Vendor Selection & Contracts

LLM Vendor Selection & Contract Requirements

Nuanced evaluation for real-world systems

Moving beyond generic benchmarks. This checklist focuses on robust evaluation methodology, strategic decomposition, and practical contract KPIs.

Vendor Proposal Evaluation (Red Flags & Warnings)

Manual Evaluation Suggested

Red Flag

If a vendor suggests 'manual spot-checking' as the primary validation method.

Why this matters

Manual evaluation is a never-ending process and a massive red flag. One 'fix' in a prompt will break five other things without an automated test suite.

Lack of Problem Decomposition

Red Flag

A single 'mega-prompt' trying to handle reasoning, retrieval, and formatting in one step.

Why this matters

High risk of 'prompt oscillation'-where fixing one failure mode causes three new ones. Small, manageable steps allow for granular testing and the use of faster, cheaper models.

Security Managed by LLM Logic

Red Flag

Relying on the LLM's system prompt or 'judgment' to decide if it should access or expose sensitive data from a connected source.

Why this matters

Security must be enforced programmatically (e.g., via metadata filtering or access control lists at the retrieval layer). LLMs cannot reliably enforce security boundaries. Solutions designed this way often require a complete architecture rewrite to fix.

No Monitoring or Observability Plan

Red Flag

Missing plans for trace logging, token cost tracking, or user feedback capture.

Why this matters

This often indicates a lack of real-world production experience. If you can't see what the LLM did at step 2 of 5, you can't debug it when it fails in the wild.

Vague or General Evaluation Criteria

Warning

Using generic terms like 'high quality' or 'helpful' without defining atomic, measurable metrics.

Why this matters

If evaluation is too general, 'success' becomes subjective, and you'll get stuck in an endless loop of subjective 'refinements' that never reach production readiness.

Unnecessary Agentic Elements

Warning

Using autonomous agents to decide tool usage when the logic is deterministic.

Why this matters

Every extra LLM call adds latency and cost. If a tool MUST be called (e.g., searching your knowledge base), use code, not an agentic decision.

Vague Update/Maintenance Strategy

Nice to have

No plan for how to handle schema changes or document versioning in the knowledge base.

Why this matters

A static RAG demo is easy. A system that stays accurate as your underlying data changes is a core production requirement.

Evaluation Requirements & Methodology

Golden Set Strategy (80/20 Split)

Required

Prepare a generous set of questions/answers. Keep 80% private during development and share only 20% with the vendor to avoid 'overfitting' the solution to the test.

Why this matters

If a vendor optimizes against the full test set, you won't know if the system actually generalizes to real users until it moves to production.

Decomposed Accuracy Metrics

Recommended

Instead of one 'accuracy' score, use weighted multi-level metrics (e.g., 'Did it cite source?', 'Is tone correct?', 'Is formatting valid?').

Why this matters

Composition of simple, binary questions provides the most robust evaluation of overall quality.

PoC Accuracy Thresholds

Nice to have

Don't demand 95% for a PoC. Define what '70%' actually means-e.g., 30% failure to answer vs. minor formatting issues.

Why this matters

Premature optimization for 95% accuracy can lead to brittle prompts and skyrocketing costs before the core value is even proven.

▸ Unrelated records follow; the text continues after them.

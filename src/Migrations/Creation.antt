-- ===== src/Migrations/Creation.antt =====
-- alembic/versions/695c06727c20_initial_tables.py: what its upgrade makes of a database that has
-- none of its names.
use spur_api.Base.{ℕ, ◌≡◌, refl, true, false, some, List, [], ◌∷◌, ◌++◌, ◌||◌, Bool, arith}
use spur_api.Migrations.{Definition, Index, Schema, Statement, Revision}
use spur_api.Migrations.Environment.{upgrade_all}
use spur_api.Migrations.Lookups.{all, any, is_relation, table?}
use spur_api.Migrations.Revisions.{
  by_component, by_seq, by_train, first_projects, first_run_events, first_simulation_runs,
  initial_tables,
}
use spur_api.Migrations.Shapes.{IsFresh, database, first_indexes, projects_with, runs_with}
use spur_api.Migrations.Statements.{
  can_refer, create, create_index, enums_of, execute, execute_all, fits_index, has_enum,
}

pub or_false : (a b : Bool) → a ≡ false → b ≡ false → (a || b) ≡ false
or_false a b ha hb = ground arith

create_lem :
    (d : Definition) (db : Schema)
    → is_relation d.name db ≡ false
    → any (has_enum db.enums) (enums_of d.columns) ≡ false
    → all (can_refer db) d.foreign_keys ≡ true
    → create d db
      ≡ some record {
        enums = enums_of d.columns ++ db.enums;
        tables = record { definition = d; rows = [] } ∷ db.tables;
        indexes = db.indexes;
      }
create_lem d db name enums keys = rw (name, enums, keys) refl

pub create_index_lem :
    (i : Index) (db : Schema)
    → is_relation i.name db ≡ false
    → fits_index i (table? i.table_name db.tables) ≡ true
    → create_index i db
      ≡ some record { enums = db.enums; tables = db.tables; indexes = i ∷ db.indexes }
create_index_lem i db name fits = rw (name, fits) refl

module _ (time : ℕ) where
  pub execute_all-step :
      (a : Statement) (as' : List Statement) (db db' : Schema)
      → execute time a db ≡ some db'
      → execute_all time (a ∷ as') db ≡ execute_all time as' db'
  unfolding execute_all
  execute_all-step a as' db db' e = rw (execute_all, e) refl

  pub upgrade_all-step :
      (r : Revision) (rs : List Revision) (db db' : Schema)
      → execute_all time r.upgrade db ≡ some db'
      → upgrade_all time (r ∷ rs) db ≡ upgrade_all time rs db'
  unfolding upgrade_all
  upgrade_all-step r rs db db' e = rw (upgrade_all, e) refl

  module _ (db : Schema) (fresh : IsFresh db) where
    create_projects : Schema
    create_projects = record {
      enums = db.enums;
      tables = record { definition = first_projects; rows = [] } ∷ db.tables;
      indexes = db.indexes;
    }

    create_runs : Schema
    create_runs = record {
      enums = (database db (runs_with []) (projects_with [] []) [] ([], [], [])).enums;
      tables =
          record { definition = first_simulation_runs; rows = [] }
          ∷ record { definition = first_projects; rows = [] }
          ∷ db.tables;
      indexes = db.indexes;
    }

    initial : List Index → Schema
    initial indexes = database db (runs_with []) (projects_with [] []) indexes ([], [], [])

    creates_projects :
        execute time (Statement.create_table first_projects) db ≡ some create_projects
    unfolding execute create_projects
    creates_projects = create_lem first_projects db (or_false _ _ fresh.0.0.0 fresh.0.0.1) refl refl

    creates_runs :
        execute time (Statement.create_table first_simulation_runs) create_projects
        ≡ some create_runs
    unfolding execute create_projects create_runs
    creates_runs =
        create_lem first_simulation_runs create_projects (or_false _ _ fresh.0.1.0.0 fresh.0.1.0.1)
          (or_false _ _ fresh.1 refl) refl

    creates_events :
        execute time (Statement.create_table first_run_events) create_runs ≡ some (initial [])
    unfolding execute create_runs initial
    creates_events =
        create_lem first_run_events create_runs (or_false _ _ fresh.0.1.1.0.0 fresh.0.1.1.0.1) refl
          refl

    indexes_component :
        execute time (Statement.create_index by_component) (initial [])
        ≡ some (initial (by_component ∷ []))
    unfolding execute initial
    indexes_component =
        create_index_lem by_component (initial [])
          (or_false _ _ fresh.0.1.1.1.0.0 fresh.0.1.1.1.0.1) refl

    indexes_seq :
        execute time (Statement.create_index by_seq) (initial (by_component ∷ []))
        ≡ some (initial (by_seq ∷ by_component ∷ []))
    unfolding execute initial
    indexes_seq =
        create_index_lem by_seq (initial (by_component ∷ []))
          (or_false _ _ fresh.0.1.1.1.1.0.0 fresh.0.1.1.1.1.0.1) refl

    indexes_train :
        execute time (Statement.create_index by_train) (initial (by_seq ∷ by_component ∷ []))
        ≡ some (initial first_indexes)
    unfolding execute initial
    indexes_train =
        create_index_lem by_train (initial (by_seq ∷ by_component ∷ []))
          (or_false _ _ fresh.0.1.1.1.1.1.0.0 fresh.0.1.1.1.1.1.0.1) refl

    pub initial_tables_lem :
        execute_all time initial_tables.upgrade db
        ≡ some (database db (runs_with []) (projects_with [] []) first_indexes ([], [], []))
    unfolding execute_all initial
    initial_tables_lem =
        rw
          (
            execute_all, creates_projects, creates_runs, creates_events, indexes_component,
            indexes_seq, indexes_train,
          )
          refl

Automated Regression Testing

Required

Vendor must provide a framework to automatically re-verify the Golden Set after any change to the model, architecture, or retrieval pipeline.

Contract: Performance & Operations

Guardrails Implemented

Required

Strict requirements for PII masking, safety filtering, and tone consistency checks.

Average & Median Latency

Recommended

Targets for typical generation times. Important for production, but secondary to accuracy during PoC phase.

Availability (Uptime)

Nice to have

Target 99.5%+, but recognize AI infra is volatile. Nice to have, not strictly required for early phases.

P95 / P99 Latency

Nice to have

Useful for tracking outliers and tail-end performance issues.

Proposal Scoring Rubric

Architecture Completeness

Required

Detailed chunking, embedding, retrieval (rerankers), and context injection strategy.

Cost Model Accuracy

Recommended

Breakdown of token costs, infrastructure, and vector DB hosting at scale.

Reference Checks

Nice to have

Speak to a customer who has been in production (not just POC) for >3 months.